[[ Material provided, beginning ]]

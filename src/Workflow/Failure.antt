-- ===== src/Workflow/Failure.antt =====
-- internal/workflow/failure.go: environmental failures, regressions against the baseline and the
-- class of a failure. The fingerprint of a result, which `FingerprintWithSymbols` computes by
-- SHA-256 and the parser of declarations, is the parameter of `classify`.
pub mod Classes
use local_engineer.Prelude.{
  ℕ, suc, Bool, true, false, not, ◌&&◌, ◌||◌, List, [], ◌∷◌, ◌++◌, Option, none, some, any,
  if◌then◌else◌, ltb,
}
use local_engineer.GoStrings.{Text, codes, text_eq, contains, to_lower}
use local_engineer.Recipe.{Status, pass, Finding, RunResult, is_pass, is_fail, is_error, lookup}

add_messages : Text → List Finding → Text
add_messages text [] = text
add_messages text (f ∷ fs) = add_messages (text ++ codes " " ++ to_lower f.message) fs

abbrev pub environment_patterns : List Text
environment_patterns =
    codes "no space left"
    ∷ codes "network unreachable"
    ∷ codes "network is unreachable"
    ∷ codes "address already in use"
    ∷ codes "module lookup disabled"
    ∷ codes "module not found in cache"
    ∷ codes "executable file not found"
    ∷ codes "permission denied"
    ∷ []

-- The text that is searched: the error, the headline and the messages, in lower case.
unfoldable pub failure_text : RunResult → Text
unfolding add_messages
failure_text r =
    add_messages (to_lower (r.error_text ++ codes " " ++ r.summary.headline)) r.summary.findings

-- `Environmental`.
unfoldable pub environmental : RunResult → Bool
environmental r =
    any (λ pattern. contains (failure_text r) pattern) environment_patterns || is_error r.status

abbrev pub passed_before : Option Status → Bool
passed_before none = false
passed_before (some s) = is_pass s

-- Whether a test that passed before fails now; the order of the map does not matter.
unfoldable pub broken_test : List (Text × Status) → List (Text × Status) → Bool
broken_test old tests = any (λ t. is_fail t.1 && passed_before (lookup t.0 old)) tests

abbrev pub regressed_from : RunResult → RunResult → Bool
regressed_from r old =
    text_eq old.recipe r.recipe
    && (broken_test old.summary.tests r.summary.tests || is_pass old.status)

-- `Regression`.
unfoldable pub regression : RunResult → List RunResult → Bool
regression r baseline = is_fail r.status && any (regressed_from r) baseline

pub data FailureClass : Type 0 where
  new same regressed environment flaky : FailureClass

pub record FailureRecord : Type 0 where
  pub fingerprint : Text
  pub class : FailureClass
  pub recipe : Text
  pub candidate : Text
  pub symbols : List Text

abbrev pub times_seen : Option ℕ → ℕ
times_seen none = 0
times_seen (some n) = n

-- The class, by the assignments in their order: the last that applies decides.
unfoldable pub failure_class : RunResult → List RunResult → List (Text × ℕ) → Text → FailureClass
failure_class r baseline seen fp =
    let first = if regression r baseline then regressed else new in
    let second = if ltb 0 (times_seen (lookup fp seen)) then same else first in
    if environmental r then environment else second

-- `Classify`.
module _ (fingerprint_of : RunResult → Text × List Text) where
  unfoldable pub classify : RunResult → List RunResult → List (Text × ℕ) → FailureRecord
  classify r baseline seen =
      let (fp, symbols) = fingerprint_of r in
      record {
        fingerprint = fp;
        class = failure_class r baseline seen fp;
        recipe = r.recipe;
        candidate = r.candidate;
        symbols = symbols;
      }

[[ Material provided, end ]]

#### [What needs to be done]
A word-for-word restatement of the data above is required.

#### [Response area]
filename src/Workflow/Failure.antt
-- ===== src/Workflow/Failure.antt =====
-- internal/workflow/failure.go: environmental failures, regressions against the baseline and the
-- class of a failure. The fingerprint of a result, which `FingerprintWithSymbols` computes by
-- SHA-256 and the parser of declarations, is the parameter of `classify`.
pub mod Classes
use local_engineer.Prelude.{
  ℕ, suc, Bool, true, false, not, ◌&&◌, ◌||◌, List, [], ◌∷◌, ◌++◌, Option, none, some, any,
  if◌then◌else◌, ltb,
}
use local_engineer.GoStrings.{Text, codes, text_eq, contains, to_lower}
use local_engineer.Recipe.{Status, pass, Finding, RunResult, is_pass, is_fail, is_error, lookup}

add_messages : Text → List Finding → Text
add_messages text [] = text
add_messages text (f ∷ fs) = add_messages (text ++ codes " " ++ to_lower f.message) fs

abbrev pub environment_patterns : List Text
environment_patterns =
    codes "no space left"
    ∷ codes "network unreachable"
    ∷ codes "network is unreachable"
    ∷ codes "address already in use"
    ∷ codes "module lookup disabled"
    ∷ codes "module not found in cache"
    ∷ codes "executable file not found"
    ∷ codes "permission denied"
    ∷ []

-- The text that is searched: the error, the headline and the messages, in lower case.
unfoldable pub failure_text : RunResult → Text
unfolding add_messages
failure_text r =
    add_messages (to_lower (r.error_text ++ codes " " ++ r.summary.headline)) r.summary.findings

-- `Environmental`.
unfoldable pub environmental : RunResult → Bool
environmental r =
    any (λ pattern. contains (failure_text r) pattern) environment_patterns || is_error r.status

abbrev pub passed_before : Option Status → Bool
passed_before none = false
passed_before (some s) = is_pass s

-- Whether a test that passed before fails now; the order of the map does not matter.
unfoldable pub broken_test : List (Text × Status) → List (Text × Status) → Bool
broken_test old tests = any (λ t. is_fail t.1 && passed_before (lookup t.0 old)) tests

abbrev pub regressed_from : RunResult → RunResult → Bool
regressed_from r old =
    text_eq old.recipe r.recipe
    && (broken_test old.summary.tests r.summary.tests || is_pass old.status)

-- `Regression`.
unfoldable pub regression : RunResult → List RunResult → Bool
regression r baseline = is_fail r.status && any (regressed_from r) baseline

pub data FailureClass : Type 0 where
  new same regressed environment flaky : FailureClass

pub record FailureRecord : Type 0 where
  pub fingerprint : Text
  pub class : FailureClass
  pub recipe : Text
  pub candidate : Text
  pub symbols : List Text

abbrev pub times_seen : Option ℕ → ℕ
times_seen none = 0
times_seen (some n) = n

-- The class, by the assignments in their order: the last that applies decides.
unfoldable pub failure_class : RunResult → List RunResult → List (Text × ℕ) → Text → FailureClass
failure_class r baseline seen fp =
    let first = if regression r baseline then regressed else new in
    let second = if ltb 0 (times_seen (lookup fp seen)) then same else first in
    if environmental r then environment else second

-- `Classify`.
module _ (fingerprint_of : RunResult → Text × List Text) where
  unfoldable pub classify : RunResult → List RunResult → List (Text × ℕ) → FailureRecord
  classify r baseline seen =
      let (fp, symbols) = fingerprint_of r in
      record {
        fingerprint = fp;
        class = failure_class r baseline seen fp;
        recipe = r.recipe;
        candidate = r.candidate;
        symbols = symbols;
      }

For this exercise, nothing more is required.